Something strange is afoot in mystery and suspense fiction. The plot of almost every thriller I’ve read in the past six months has had something to do with one character stealing the story of another character and passing it off as their own. The rundown includes: The Plot by Jean Hanff Korelitz, A Lonely Man by Chris Power, The Other Black Girl by Zakiya Dalila Harris, Palace of the Drowned by Christine Mangan, and A Slow Fire Burning, the forthcoming novel by Paula Hawkins of Girl on the Train fame.
Worry over manuscripts falling into the wrong hands is nothing new in mystery fiction; after all, Edgar Allan Poe, the acknowledged Father of the form, relied on that plot for his 1844 short story, “The Purloined Letter.” But this years’ crop of mystery and suspense novels puts a socially-conscious spin on the missing manuscript tale: they’re about the anxiety of appropriation, about one character in a position of privilege—in terms of gender, financial security, or race—laying their sticky mitts on the writing or life story of another character who’s not so advantaged.

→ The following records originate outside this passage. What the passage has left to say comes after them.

-- ===== src/Bits/Xor.antt =====
-- The laws of `^`, from one equation for the lowest digit.
use Prim.Native.Nat.{bit_xor, differ, bit_xor-bitwise}
use native.Mathlib.Nat.{pow-suc}
use libratbag.Base.{ℕ, zero, suc, ◌+◌, ◌*◌, ◌/◌, ◌%◌, ◌^◌, ◌<◌, ◌≡◌, refl, sym, ap, ◌∙◌, arith}
use libratbag.Bits.Step.{lowest}

pub bit_xor_step : (w v : ℕ) → bit_xor w v ≡ differ (w % 2) (v % 2) + 2 * bit_xor (w / 2) (v / 2)
bit_xor_step zero v = omega (arith, bit_xor-bitwise 0 (v / 2), bit_xor-bitwise 0 v)
bit_xor_step (suc w) v = omega (
  arith,
  lowest (λ v. v) differ w v,
  bit_xor-bitwise (suc w / 2) (v / 2),
  bit_xor-bitwise (suc w) v,
)

differ-lt : (a b : ℕ) → a < 2 → b < 2 → differ a b < 2
differ-lt zero b ha hb = hb
differ-lt (suc zero) zero ha hb = omega arith
differ-lt (suc zero) (suc b) ha hb = omega arith
differ-lt (suc (suc a)) b ha hb = absurd (omega arith)

pub bit_xor-lt : (k a b : ℕ) → a < 2 ^ k → b < 2 ^ k → bit_xor a b < 2 ^ k
bit_xor-lt zero a b ha hb =
    let a0 : a ≡ 0 = omega arith in let b0 : b ≡ 0 = omega arith in rw (a0, b0) (omega arith)
bit_xor-lt (suc k) a b ha hb = omega (
  arith,
  pow-suc 2 k,
  bit_xor_step a b,
  differ-lt (a % 2) (b % 2) (omega arith) (omega arith),
  bit_xor-lt k (a / 2) (b / 2) (omega (arith, pow-suc 2 k)) (omega (arith, pow-suc 2 k)),
)

-- The two digits of a result.
pub bit_xor-half : (a b : ℕ) → bit_xor a b / 2 ≡ bit_xor (a / 2) (b / 2)
bit_xor-half a b =
    omega (arith, bit_xor_step a b, differ-lt (a % 2) (b % 2) (omega arith) (omega arith))

pub bit_xor-low : (a b : ℕ) → bit_xor a b % 2 ≡ differ (a % 2) (b % 2)
bit_xor-low a b =
    omega (arith, bit_xor_step a b, differ-lt (a % 2) (b % 2) (omega arith) (omega arith))

differ_comm : (a b : ℕ) → differ a b ≡ differ b a
differ_comm zero zero = refl
differ_comm zero (suc b) = refl
differ_comm (suc a) zero = refl
differ_comm (suc a) (suc b) = differ_comm a b

differ_assoc : (a b c : ℕ) → a < 2 → b < 2 → c < 2 → differ (differ a b) c ≡ differ a (differ b c)
differ_assoc zero b c ha hb hc = refl
differ_assoc (suc zero) zero c ha hb hc = refl
differ_assoc (suc zero) (suc zero) zero ha hb hc = refl
differ_assoc (suc zero) (suc zero) (suc zero) ha hb hc = refl
differ_assoc (suc zero) (suc zero) (suc (suc c)) ha hb hc = absurd (omega arith)
differ_assoc (suc zero) (suc (suc b)) c ha hb hc = absurd (omega arith)
differ_assoc (suc (suc a)) b c ha hb hc = absurd (omega arith)

-- Two numbers with the same lowest digit and the same rest.
by_digits : (x y : ℕ) → x % 2 ≡ y % 2 → x / 2 ≡ y / 2 → x ≡ y
by_digits x y low half = omega (arith, low, half)

pub bit_xor_comm : (k a b : ℕ) → a < 2 ^ k → b < 2 ^ k → bit_xor a b ≡ bit_xor b a
bit_xor_comm zero a b ha hb =
    let a0 : a ≡ 0 = omega arith in let b0 : b ≡ 0 = omega arith in rw (a0, b0)
bit_xor_comm (suc k) a b ha hb =
    by_digits (bit_xor a b) (bit_xor b a)
      (bit_xor-low a b ∙ differ_comm (a % 2) (b % 2) ∙ sym (bit_xor-low b a))
      (bit_xor-half a b
        ∙ bit_xor_comm k (a / 2) (b / 2) (omega (arith, pow-suc 2 k)) (omega (arith, pow-suc 2 k))
        ∙ sym (bit_xor-half b a))

pub bit_xor_assoc :
    (k a b c : ℕ)
    → a < 2 ^ k
    → b < 2 ^ k
    → c < 2 ^ k
    → bit_xor (bit_xor a b) c ≡ bit_xor a (bit_xor b c)
bit_xor_assoc zero a b c ha hb hc =
    let a0 : a ≡ 0 = omega arith in
    let b0 : b ≡ 0 = omega arith in let c0 : c ≡ 0 = omega arith in rw (a0, b0, c0)
bit_xor_assoc (suc k) a b c ha hb hc =
    by_digits (bit_xor (bit_xor a b) c) (bit_xor a (bit_xor b c))
      (bit_xor-low (bit_xor a b) c
        ∙ ap (λ (d : ℕ). differ d (c % 2)) (bit_xor-low a b)
        ∙ differ_assoc (a % 2) (b % 2) (c % 2) (omega arith) (omega arith) (omega arith)
        ∙ ap (differ (a % 2)) (sym (bit_xor-low b c))
        ∙ sym (bit_xor-low a (bit_xor b c)))
      (bit_xor-half (bit_xor a b) c
        ∙ ap (λ (d : ℕ). bit_xor d (c / 2)) (bit_xor-half a b)
        ∙ bit_xor_assoc k (a / 2) (b / 2) (c / 2) (omega (arith, pow-suc 2 k))
            (omega (arith, pow-suc 2 k)) (omega (arith, pow-suc 2 k))
        ∙ ap (bit_xor (a / 2)) (sym (bit_xor-half b c))
        ∙ sym (bit_xor-half a (bit_xor b c)))

pub bit_xor-zero : (k a : ℕ) → a < 2 ^ k → bit_xor a 0 ≡ a
bit_xor-zero zero a h = let a0 : a ≡ 0 = omega arith in rw a0
bit_xor-zero (suc k) a h =
    by_digits (bit_xor a 0) a (bit_xor-low a 0 ∙ differ_zero (a % 2))
      (bit_xor-half a 0 ∙ bit_xor-zero k (a / 2) (omega (arith, pow-suc 2 k)))
  where
    differ_zero : (d : ℕ) → differ d 0 ≡ d
    differ_zero zero = refl
    differ_zero (suc d) = refl

pub bit_xor-double : (a b : ℕ) → bit_xor (2 * a) (2 * b) ≡ 2 * bit_xor a b
bit_xor-double a b =
    let a2 : 2 * a / 2 ≡ a = omega arith in
    let b2 : 2 * b / 2 ≡ b = omega arith in
    let a0 : 2 * a % 2 ≡ 0 = omega arith in
    let b0 : 2 * b % 2 ≡ 0 = omega arith in
    bit_xor_step (2 * a) (2 * b)
    ∙ ap (λ (t : ℕ). differ t (2 * b % 2) + 2 * bit_xor (2 * a / 2) (2 * b / 2)) a0
    ∙ ap (λ (t : ℕ). differ 0 t + 2 * bit_xor (2 * a / 2) (2 * b / 2)) b0
    ∙ ap (λ (t : ℕ). 0 + 2 * bit_xor t (2 * b / 2)) a2
    ∙ ap (λ (t : ℕ). 0 + 2 * bit_xor a t) b2
    ∙ omega arith

-- A part that is one digit further up.
pub one_up : (part k : ℕ) → part * 2 ^ suc k ≡ 2 * (part * 2 ^ k)
one_up part k = omega (arith, ap (◌*◌ part) (pow-suc 2 k))

-- Numbers of two parts.
pub bit_xor_fields :
    (k x y x' y' : ℕ)
    → y < 2 ^ k
    → y' < 2 ^ k
    → bit_xor (x * 2 ^ k + y) (x' * 2 ^ k + y') ≡ bit_xor x x' * 2 ^ k + bit_xor y y'
bit_xor_fields zero x y x' y' h h' =
    let y0 : y ≡ 0 = omega arith in
    let y0' : y' ≡ 0 = omega arith in
    let a : x * 2 ^ 0 + 0 ≡ x = omega arith in
    let a' : x' * 2 ^ 0 + 0 ≡ x' = omega arith in
    ap (λ (t : ℕ). bit_xor (x * 2 ^ 0 + t) (x' * 2 ^ 0 + y')) y0
    ∙ ap (λ (t : ℕ). bit_xor (x * 2 ^ 0 + 0) (x' * 2 ^ 0 + t)) y0'
    ∙ ap (λ (t : ℕ). bit_xor t (x' * 2 ^ 0 + 0)) a
    ∙ ap (bit_xor x) a'
    ∙ omega (arith, ap (λ (t : ℕ). bit_xor t y') y0, ap (bit_xor 0) y0')
bit_xor_fields (suc k) x y x' y' h h' =
    let half : (x * 2 ^ suc k + y) / 2 ≡ x * 2 ^ k + y / 2 = omega (arith, one_up x k) in
    let half' : (x' * 2 ^ suc k + y') / 2 ≡ x' * 2 ^ k + y' / 2 = omega (arith, one_up x' k) in
    let low : (x * 2 ^ suc k + y) % 2 ≡ y % 2 = omega (arith, one_up x k) in
    let low' : (x' * 2 ^ suc k + y') % 2 ≡ y' % 2 = omega (arith, one_up x' k) in
    bit_xor_step (x * 2 ^ suc k + y) (x' * 2 ^ suc k + y')
    ∙ ap
        (λ (t : ℕ).
          differ t ((x' * 2 ^ suc k + y') % 2)
          + 2 * bit_xor ((x * 2 ^ suc k + y) / 2) ((x' * 2 ^ suc k + y') / 2))
        low
    ∙ ap
        (λ (t : ℕ).
          differ (y % 2) t + 2 * bit_xor ((x * 2 ^ suc k + y) / 2) ((x' * 2 ^ suc k + y') / 2))
        low'
    ∙ ap (λ (t : ℕ). differ (y % 2) (y' % 2) + 2 * bit_xor t ((x' * 2 ^ suc k + y') / 2)) half
    ∙ ap (λ (t : ℕ). differ (y % 2) (y' % 2) + 2 * bit_xor (x * 2 ^ k + y / 2) t) half'
    ∙ omega (
      arith,
      bit_xor_fields k x (y / 2) x' (y' / 2) (omega (arith, pow-suc 2 k))
          (omega (arith, pow-suc 2 k)),
      bit_xor_step y y',
      one_up (bit_xor x x') k,
    )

The plot of Laura Lippman’s latest standalone suspense novel, Dream Girl, arises not only out of this anxiety about who gets to tell whose stories, but also out of the #MeToo movement. And, it also owes a lot to Stephen King’s 1987 horror classic, Misery, altogether making Dream Girl the ideal cutting-edge, socially-conscious entertainment for late summer.

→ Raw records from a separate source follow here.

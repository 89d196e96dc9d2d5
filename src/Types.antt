-- ===== src/Types.antt =====
-- src/libratbag-private.h and src/libratbag-enums.h: the structures of the library and the
-- enumerations that they use.
--
-- A list of C objects is a `List`, in the order of `list_for_each`, so `list_insert` puts an
-- object in front. A pointer to an object is its place in that list. `dpis` and `rates` hold the
-- used part of the C array (`ndpis`, `nrates` entries). User data, the driver's private data and
-- the udev and hidraw handles are left out.
use libratbag.Base.{ℕ, Bool, Option, List}

pub data ErrorCode : Type 0 where
  success error_device error_capability error_value error_system error_implementation : ErrorCode

pub data ActionType : Type 0 where
  type_none type_button type_special type_key type_macro type_unknown : ActionType

pub data EventType : Type 0 where
  event_invalid event_none event_key_pressed event_key_released event_wait : EventType

pub data LedMode : Type 0 where
  led_off led_on led_cycle led_breathing : LedMode

-- `value` is the union of `key` and `timeout`, two fields of one size.
pub record MacroEvent : Type 0 where
  pub event_type : EventType
  pub value : ℕ

-- A name that is `none` is a null pointer.
pub record Macro : Type 0 where
  pub name : Option (List ℕ)
  pub group : Option (List ℕ)
  pub events : List MacroEvent

-- `value` is the union of `button`, `special` and `key.key`, three fields of one size.
pub record Action : Type 0 where
  pub action_type : ActionType
  pub value : ℕ
  pub macro : Option Macro

pub record Button : Type 0 where
  pub refcount : ℕ
  pub index : ℕ
  pub button_type : ℕ
  pub action : Action
  pub action_caps : ℕ
  pub dirty : Bool

pub record Color : Type 0 where
  pub red : ℕ
  pub green : ℕ
  pub blue : ℕ

-- `led_type` is 0 for an unknown type.
pub record Led : Type 0 where
  pub refcount : ℕ
  pub index : ℕ
  pub led_type : ℕ
  pub mode : LedMode
  pub modes : ℕ
  pub color : Color
  pub colordepth : ℕ
  pub ms : ℕ
  pub brightness : ℕ
  pub dirty : Bool

pub record Resolution : Type 0 where
  pub refcount : ℕ
  pub index : ℕ
  pub dpis : List ℕ
  pub dpi_x : ℕ
  pub dpi_y : ℕ
  pub hz : ℕ
  pub rates : List ℕ
  pub is_active : Bool
  pub is_default : Bool
  pub dirty : Bool
  pub capabilities : ℕ

pub record Profile : Type 0 where
  pub refcount : ℕ
  pub name : Option (List ℕ)
  pub index : ℕ
  pub buttons : List Button
  pub resolutions : List Resolution
  pub leds : List Led
  pub num_resolutions : ℕ
  pub is_active : Bool
  pub is_enabled : Bool
  pub dirty : Bool
  pub capabilities : List ℕ

pub record InputId : Type 0 where
  pub bustype : ℕ
  pub vendor : ℕ
  pub product : ℕ

-- `device_data` is the content of the device's data file as far as the library reads it here: the
-- 20 entries of `led_types`. `driver` is the id of the driver that is attached, if one is.
pub record Device : Type 0 where
  pub refcount : ℕ
  pub name : Option (List ℕ)
  pub ids : InputId
  pub driver : Option (List ℕ)
  pub device_data : Option (List ℕ)
  pub capabilities : List ℕ
  pub num_profiles : ℕ
  pub profiles : List Profile
  pub num_buttons : ℕ
  pub num_leds : ℕ
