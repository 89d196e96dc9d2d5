-- ===== src/Capability.antt =====
-- src/libratbag.c, src/libratbag-private.h and src/libratbag-enums.h: capabilities of devices,
-- profiles, resolutions, buttons and LEDs. A capability is the number of its enumeration value.
pub mod Laws
pub mod Flags
use libratbag.Base.{
  ℕ, ◌-◌, ◌*◌, ◌/◌, ◌%◌, ◌^◌, bit_and, bit_or, Bool, true, false, not, ◌&&◌, ◌||◌, List, leb, ltb,
  ◌==◌, if◌then◌else◌, Outcome, done, aborted, assert, ◌>>=◌, ◌>>◌,
}
use libratbag.Types.{
  Device, Profile, Resolution, Button, Led, ActionType, type_none, type_button, type_special,
  type_key, type_macro, type_unknown, LedMode, led_off, led_on, led_cycle, led_breathing,
}
use libratbag.Bitmap.{long_bit_is_set, long_set_bit, long_clear_bit}

abbrev pub max_cap : ℕ
max_cap = 1000

-- `NLONGS(MAX_CAP)`.
abbrev pub cap_words : ℕ
cap_words = 16

abbrev pub cap_query_configuration : ℕ
cap_query_configuration = 1

abbrev pub cap_resolution : ℕ
cap_resolution = 100

abbrev pub cap_switchable_resolution : ℕ
cap_switchable_resolution = 101

abbrev pub cap_profile : ℕ
cap_profile = 200

abbrev pub cap_switchable_profile : ℕ
cap_switchable_profile = 201

abbrev pub cap_disable_profile : ℕ
cap_disable_profile = 202

abbrev pub cap_button : ℕ
cap_button = 300

abbrev pub cap_button_key : ℕ
cap_button_key = 301

abbrev pub cap_button_macros : ℕ
cap_button_macros = 302

abbrev pub cap_led : ℕ
cap_led = 400

-- `RATBAG_PROFILE_CAP_WRITABLE_NAME`.
abbrev pub cap_writable_name : ℕ
cap_writable_name = 100

unfoldable pub is_invalid_cap : ℕ → Bool
is_invalid_cap cap = cap == 0 || leb max_cap cap

unfoldable pub device_set_capability : Device → ℕ → Outcome Device
unfolding is_invalid_cap
device_set_capability device cap =
    if is_invalid_cap cap
    then aborted
    else if not (cap == cap_query_configuration)
        && not (cap % 100 == 0)
        && not (long_bit_is_set device.capabilities (cap / 100 * 100))
    then aborted
    else done (record device { capabilities = long_set_bit device.capabilities cap })

unfoldable pub device_unset_capability : Device → ℕ → Outcome Device
unfolding is_invalid_cap
device_unset_capability device cap =
    if is_invalid_cap cap
    then aborted
    else done (record device { capabilities = long_clear_bit device.capabilities cap })

unfoldable pub device_has_capability : Device → ℕ → Outcome Bool
unfolding is_invalid_cap
device_has_capability device cap =
    if is_invalid_cap cap then aborted else done (long_bit_is_set device.capabilities cap)

unfoldable pub profile_has_capability : Profile → ℕ → Outcome Bool
unfolding is_invalid_cap
profile_has_capability profile cap =
    if is_invalid_cap cap then aborted else done (long_bit_is_set profile.capabilities cap)

pub profile_set_cap : Profile → ℕ → Outcome Profile
profile_set_cap profile cap = do
  assert (leb cap max_cap)
  done (record profile { capabilities = long_set_bit profile.capabilities cap })

abbrev pub cap_individual_report_rate : ℕ
cap_individual_report_rate = 1

abbrev pub cap_separate_xy_resolution : ℕ
cap_separate_xy_resolution = 2

-- A number that is no capability of a resolution has the answer 0.
pub resolution_has_capability : Resolution → ℕ → Bool
resolution_has_capability resolution cap =
    if cap == cap_individual_report_rate || cap == cap_separate_xy_resolution
    then not (bit_and resolution.capabilities (2 ^ cap) == 0)
    else false

-- The source assigns the mask: it does not add to it.
unfoldable pub resolution_set_cap : Resolution → ℕ → Outcome Resolution
resolution_set_cap res cap = do
  assert (leb cap cap_separate_xy_resolution)
  done (record res { capabilities = 2 ^ cap })

-- The values of `enum ratbag_button_action_type`.
abbrev pub action_type_value : ActionType → ℕ
action_type_value type_none = 0
action_type_value type_button = 1
action_type_value type_special = 2
action_type_value type_key = 3
action_type_value type_macro = 4
action_type_value type_unknown = 1000

unfoldable pub is_assignable : ActionType → Bool
is_assignable type_none = false
is_assignable type_unknown = false
is_assignable t = true

pub button_has_action_type : Button → ActionType → Bool
unfolding is_assignable
button_has_action_type button t =
    if is_assignable t
    then not (bit_and button.action_caps (2 ^ action_type_value t) == 0)
    else false

-- The shift of a 32-bit 1 is defined for the values below 32 only: `type_unknown` has no caller.
pub button_enable_action_type : Button → ActionType → Button
button_enable_action_type button t = record button {
  action_caps = bit_or button.action_caps (2 ^ action_type_value t);
}

-- The values of `enum ratbag_led_mode`.
abbrev pub led_mode_value : LedMode → ℕ
led_mode_value led_off = 0
led_mode_value led_on = 1
led_mode_value led_cycle = 2
led_mode_value led_breathing = 3

is_off : LedMode → Bool
is_off led_off = true
is_off mode = false

-- The assertions on the range hold for every value of the enumeration.
pub led_has_mode : Led → LedMode → Bool
unfolding is_off
led_has_mode led mode =
    if is_off mode then true else not (bit_and led.modes (2 ^ led_mode_value mode) == 0)

pub led_set_mode_capability : Led → LedMode → Led
led_set_mode_capability led mode = record led { modes = bit_or led.modes (2 ^ led_mode_value mode) }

Dream Girl is set in the penthouse of a lofty eyesore of a luxury high-rise in Baltimore, Lippman’s hometown and the site of most of her novels. We savvy readers sense that something is “off” from the opening description of famous novelist Gerry Andersen’s lavish digs. Lippman’s narrator tells us:
Gerry Andersen’s new apartment is a topsy-turvy affair—living area on the second floor, bedrooms below. The brochure—it is the kind of apartment that had its own brochure when it went on the market in 2018—boasted of 360-degree views, but that was pure hype. … Nothing means anything anymore, Gerry has decided. No one uses words correctly and if you call them on it, they claim that words are fungible, that it’s oppressive and prissy not to let words mean whatever the speaker wishes them to mean.

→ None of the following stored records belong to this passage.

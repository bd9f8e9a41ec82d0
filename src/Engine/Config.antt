-- ===== src/Engine/Config.antt =====
-- `Config`, `runtimeConfig` and `normalizeConfig` of runner.go. Durations are nanoseconds in an
-- `int64`; Go's `int` has 64 bits too.
use chamicore.Prelude.{ℕ, ◌-◌, ◌*◌, ◌^◌, ◌%◌, arith, ltb, if◌then◌else◌}
use chamicore.Prelude.Int.{ℤ, pos, negsuc, pos_part, ltb_ℤ, leb_ℤ, ◌≤ℤ◌}

-- The `int64` with the bits of a natural number.
abbrev pub wrap64 : ℕ → ℤ
wrap64 n =
    let bits = n % 2 ^ 64 in if ltb bits (2 ^ 63) then pos bits else negsuc (2 ^ 64 - 1 - bits)

abbrev pub millisecond : ℕ
millisecond = 1_000_000

abbrev pub second : ℕ
second = 1_000_000_000

abbrev pub default_global_concurrency : ℤ
default_global_concurrency = pos 20

abbrev pub default_per_bmc_concurrency : ℤ
default_per_bmc_concurrency = pos 1

abbrev pub default_retry_attempts : ℤ
default_retry_attempts = pos 3

abbrev pub default_retry_backoff_base : ℤ
default_retry_backoff_base = pos (250 * millisecond)

abbrev pub default_retry_backoff_max : ℤ
default_retry_backoff_max = pos (5 * second)

abbrev pub default_transition_timeout : ℤ
default_transition_timeout = pos (90 * second)

pub record Config : Type 0 where
  pub global_concurrency : ℤ
  pub per_bmc_concurrency : ℤ
  pub retry_attempts : ℤ
  pub retry_backoff_base : ℤ
  pub retry_backoff_max : ℤ
  pub transition_deadline : ℤ
  pub verification_window : ℤ
  pub verification_poll : ℤ
  pub queue_size : ℤ

-- `runtimeConfig`, without the clock, the sleep and the jitter, which the functions that use them
-- take as arguments.
pub record RuntimeConfig : Type 0 where
  pub global_concurrency : ℤ
  pub per_bmc_concurrency : ℤ
  pub retry_attempts : ℤ
  pub retry_backoff_base : ℤ
  pub retry_backoff_max : ℤ
  pub transition_deadline : ℤ
  pub queue_size : ℤ

-- `if v <= 0 { v = default }`.
abbrev pub or_default : ℤ → ℤ → ℤ
or_default v default = if leb_ℤ v (pos 0) then default else v

unfoldable pub normalize_config : Config → RuntimeConfig
normalize_config cfg =
    let global = or_default cfg.global_concurrency default_global_concurrency in
    let base = or_default cfg.retry_backoff_base default_retry_backoff_base in
    let max = or_default cfg.retry_backoff_max default_retry_backoff_max in
    let queue = or_default cfg.queue_size (wrap64 (pos_part global * 4)) in
    record {
      global_concurrency = global;
      per_bmc_concurrency = or_default cfg.per_bmc_concurrency default_per_bmc_concurrency;
      retry_attempts = or_default cfg.retry_attempts default_retry_attempts;
      retry_backoff_base = base;
      retry_backoff_max = if ltb_ℤ max base then base else max;
      transition_deadline = or_default cfg.transition_deadline default_transition_timeout;
      queue_size = if ltb_ℤ queue (pos 1) then pos 1 else queue;
    }

-- What the runner relies on.
pub record IsRunnable (rc : RuntimeConfig) : Type 0 where
  pub some_worker : pos 1 ≤ℤ rc.global_concurrency
  pub some_slot : pos 1 ≤ℤ rc.per_bmc_concurrency
  pub some_attempt : pos 1 ≤ℤ rc.retry_attempts
  pub some_backoff : pos 1 ≤ℤ rc.retry_backoff_base
  pub backoff_ordered : rc.retry_backoff_base ≤ℤ rc.retry_backoff_max
  pub some_time : pos 1 ≤ℤ rc.transition_deadline
  pub some_room : pos 1 ≤ℤ rc.queue_size

-- Every configuration, with zeros and negative values in any field, is normalised to one with at
-- least one worker, one slot for each BMC, one attempt, a positive backoff that is at most its
-- maximum, a positive deadline and room for one queued task; also where four times the number of
-- workers overflows.
pub normalize_config-IsRunnable : (cfg : Config) → IsRunnable (normalize_config cfg)
unfolding normalize_config
normalize_config-IsRunnable cfg = ground arith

Isn’t this delicious? A cranky novelist ensconced in a swanky setting, railing at the idiocies of the contemporary world. As Lippman imagines him, Gerry owes something to Philip Roth (as well as to Roth’s fictional alter ego, Nathan Zuckerman). There’s the brilliance, the wit, the complicated sexual history with women, and the fraught relationship with his own mother.